Start of RECORDS TO USE

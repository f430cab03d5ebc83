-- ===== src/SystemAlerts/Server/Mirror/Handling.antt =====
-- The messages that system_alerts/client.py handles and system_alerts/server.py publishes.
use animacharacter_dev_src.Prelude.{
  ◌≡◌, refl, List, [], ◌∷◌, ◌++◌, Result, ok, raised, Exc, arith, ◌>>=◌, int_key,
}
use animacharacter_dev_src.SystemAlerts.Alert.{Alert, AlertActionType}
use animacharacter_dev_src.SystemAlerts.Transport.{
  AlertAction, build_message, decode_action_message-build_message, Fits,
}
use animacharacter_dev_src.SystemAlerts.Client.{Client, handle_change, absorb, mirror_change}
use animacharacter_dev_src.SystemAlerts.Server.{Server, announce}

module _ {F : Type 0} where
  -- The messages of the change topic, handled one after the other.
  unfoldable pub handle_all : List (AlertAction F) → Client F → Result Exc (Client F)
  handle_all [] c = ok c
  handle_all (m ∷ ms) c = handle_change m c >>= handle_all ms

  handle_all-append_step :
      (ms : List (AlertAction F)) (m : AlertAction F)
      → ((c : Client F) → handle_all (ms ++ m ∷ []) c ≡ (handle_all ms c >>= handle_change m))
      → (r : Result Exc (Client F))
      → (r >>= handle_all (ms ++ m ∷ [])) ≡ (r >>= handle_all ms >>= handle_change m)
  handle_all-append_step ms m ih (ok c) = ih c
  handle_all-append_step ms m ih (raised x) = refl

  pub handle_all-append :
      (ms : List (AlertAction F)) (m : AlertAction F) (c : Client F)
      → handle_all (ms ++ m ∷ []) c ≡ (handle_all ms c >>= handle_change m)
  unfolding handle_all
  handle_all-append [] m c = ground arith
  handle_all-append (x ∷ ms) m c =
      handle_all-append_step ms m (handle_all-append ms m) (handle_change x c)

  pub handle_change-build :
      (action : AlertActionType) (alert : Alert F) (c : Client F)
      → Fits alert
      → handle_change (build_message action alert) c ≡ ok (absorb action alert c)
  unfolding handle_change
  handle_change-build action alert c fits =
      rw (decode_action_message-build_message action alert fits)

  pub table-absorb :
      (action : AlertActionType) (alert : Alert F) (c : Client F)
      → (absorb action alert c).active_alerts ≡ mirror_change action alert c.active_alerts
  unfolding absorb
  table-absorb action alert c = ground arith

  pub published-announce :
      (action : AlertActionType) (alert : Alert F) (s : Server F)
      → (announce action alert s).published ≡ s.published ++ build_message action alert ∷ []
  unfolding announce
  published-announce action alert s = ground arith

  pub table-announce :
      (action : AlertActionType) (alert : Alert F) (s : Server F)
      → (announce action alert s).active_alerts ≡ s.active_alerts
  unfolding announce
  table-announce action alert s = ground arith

End of RECORDS TO USE

> _WHAT THE TASK ASKS_
For the listing above, find how many lines hold the word "announce". Only the number should be written.

> _PROBLEM SOLUTION_
9